Records provided START

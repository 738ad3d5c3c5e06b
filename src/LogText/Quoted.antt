-- ===== src/LogText/Quoted.antt =====
-- Where a quoted text ends, and what a split keeps: `find_unescaped_quote`, `split_top_level` of
-- dogwood-language/src/interpreter/log_parse.rs.
use dogwood.Prelude.{
  ℕ, ◌≡◌, ◌∙◌, refl, sym, ap, subst, Bool, true, false, ◌&&◌, ◌||◌, Option, some, [], ◌∷◌, ◌++◌,
  Str, str, ◌==◌, all, arith, &&_split, if◌then◌else◌,
}
use mathlib.Core.List.{append_assoc, append-nil}
use dogwood.Unicode.{Unicode, hex_digits, escape_unicode, escape_char, escape_rest, escape_debug}
use dogwood.LogText.{find_unescaped_quote, put_before}
use dogwood.LogText.Hexadecimal.{is_printed, hex_digits-printed, hex_digits-append}

abbrev prepend : Str → Option (Str × Str) → Option (Str × Str)
prepend [] o = o
prepend (c ∷ s) o = put_before c (prepend s o)

prepend-append : (a b : Str) (o : Option (Str × Str)) → prepend (a ++ b) o ≡ prepend a (prepend b o)
prepend-append [] b o = refl
prepend-append (c ∷ a) b o = ap (put_before c) (prepend-append a b o)

prepend-some : (s b a : Str) → prepend s (some (b, a)) ≡ some (s ++ b, a)
prepend-some [] b a = refl
prepend-some (c ∷ s) b a = ap (put_before c) (prepend-some s b a)

-- The search goes over the text and no quote in it ends it.
abbrev Passes : Str → Type 0
Passes s = (t : Str) → find_unescaped_quote (s ++ t) ≡ prepend s (find_unescaped_quote t)

append-Passes : (a b : Str) → Passes a → Passes b → Passes (a ++ b)
append-Passes a b p q t =
    ap find_unescaped_quote (append_assoc a b t)
    ∙ p (b ++ t)
    ∙ ap (prepend a) (q t)
    ∙ sym (prepend-append a b (find_unescaped_quote t))

plain-Passes : (c : ℕ) → (c == b'\\') ≡ false → (c == b'"') ≡ false → Passes (c ∷ [])
unfolding find_unescaped_quote
plain-Passes c e f [] = rw f refl
plain-Passes c e f (d ∷ t) = rw (e, f) refl

escaped-Passes : (d : ℕ) → Passes (b'\\' ∷ d ∷ [])
unfolding find_unescaped_quote
escaped-Passes d t = refl

printed-Passes : (s : Str) → all is_printed s ≡ true → Passes s
printed-Passes [] h = λ t. refl
printed-Passes (c ∷ s) h =
    let (p, q) = &&_split (is_printed c) (all is_printed s) h in
    append-Passes (c ∷ []) s (plain-Passes c (ground arith) (ground arith)) (printed-Passes s q)

unicode-Passes : (c : ℕ) → Passes (escape_unicode c)
unfolding escape_unicode
unicode-Passes c =
    append-Passes (str "\\u") (b'{' ∷ hex_digits 8 c (str "}")) (escaped-Passes b'u') (
      append-Passes (str "{") (hex_digits 8 c (str "}")) (plain-Passes b'{' refl refl) (digits 8 c))
  where
    digits : (f n : ℕ) → Passes (hex_digits f n (str "}"))
    digits f n = subst Passes (sym (hex_digits-append f n [] (str "}"))) (
        append-Passes (hex_digits f n []) (str "}")
          (printed-Passes (hex_digits f n []) (hex_digits-printed f n [] refl))
          (plain-Passes b'}' refl refl))

module _ (u : Unicode) where
  finish :
      (g p : Bool) (c : ℕ)
      → (c == b'\\') ≡ false
      → (c == b'"') ≡ false
      → Passes (if g then escape_unicode c else (if p then c ∷ [] else escape_unicode c))
  finish true p c e f = unicode-Passes c
  finish false true c e f = plain-Passes c e f
  finish false false c e f = unicode-Passes c

  quotes :
      (b : Bool) (first : Bool) (c : ℕ)
      → ((c == b'"' || c == b'\'') || c == b'\\') ≡ b
      → Passes (
          if b
          then b'\\' ∷ c ∷ []
          else (if first && u.grapheme_extended c
              then escape_unicode c
              else (if u.printable c then c ∷ [] else escape_unicode c)))
  quotes true first c h = escaped-Passes c
  quotes false first c h =
      finish (first && u.grapheme_extended c) (u.printable c) c (ground arith) (ground arith)

  escape_char-Passes : (first : Bool) (c : ℕ) → Passes (escape_char u first c)
  unfolding escape_char
  escape_char-Passes first c = test (c == 0) _ _ (escaped-Passes b'0') (
      test (c == 9) _ _ (escaped-Passes b't') (
        test (c == 13) _ _ (escaped-Passes b'r')
          (test (c == 10) _ _ (escaped-Passes b'n') (quotes _ first c refl))))
    where
      test : (b : Bool) (s t : Str) → Passes s → Passes t → Passes (if b then s else t)
      test true s t p q = p
      test false s t p q = q

  escape_rest-Passes : (s : Str) → Passes (escape_rest u s)
  unfolding escape_rest
  escape_rest-Passes [] = λ t. refl
  escape_rest-Passes (c ∷ s) =
      append-Passes (escape_char u false c) (escape_rest u s) (escape_char-Passes false c)
        (escape_rest-Passes s)

  escape_debug-Passes : (s : Str) → Passes (escape_debug u s)
  unfolding escape_debug
  escape_debug-Passes [] = λ t. refl
  escape_debug-Passes (c ∷ s) =
      append-Passes (escape_char u true c) (escape_rest u s) (escape_char-Passes true c)
        (escape_rest-Passes s)

  closed : (r : Str) → find_unescaped_quote (b'"' ∷ r) ≡ some ([], r)
  unfolding find_unescaped_quote
  closed [] = refl
  closed (d ∷ r) = refl

  -- In a text that is escaped and then closed by a quote, the first unescaped quote is the closing one.
  pub find_unescaped_quote-escape_debug :
      (s r : Str) → find_unescaped_quote (escape_debug u s ++ b'"' ∷ r) ≡ some (escape_debug u s, r)
  find_unescaped_quote-escape_debug s r =
      escape_debug-Passes s (b'"' ∷ r)
      ∙ ap (prepend (escape_debug u s)) (closed r)
      ∙ prepend-some (escape_debug u s) [] r
      ∙ ap (λ b. some (b, r)) (append-nil (escape_debug u s))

Records provided END

● **The task**
Please filter the entries above down to the lines holding "antt" and copy them.

● **Solution to this problem**
filename src/LogText/Quoted.antt
-- ===== src/LogText/Quoted.antt =====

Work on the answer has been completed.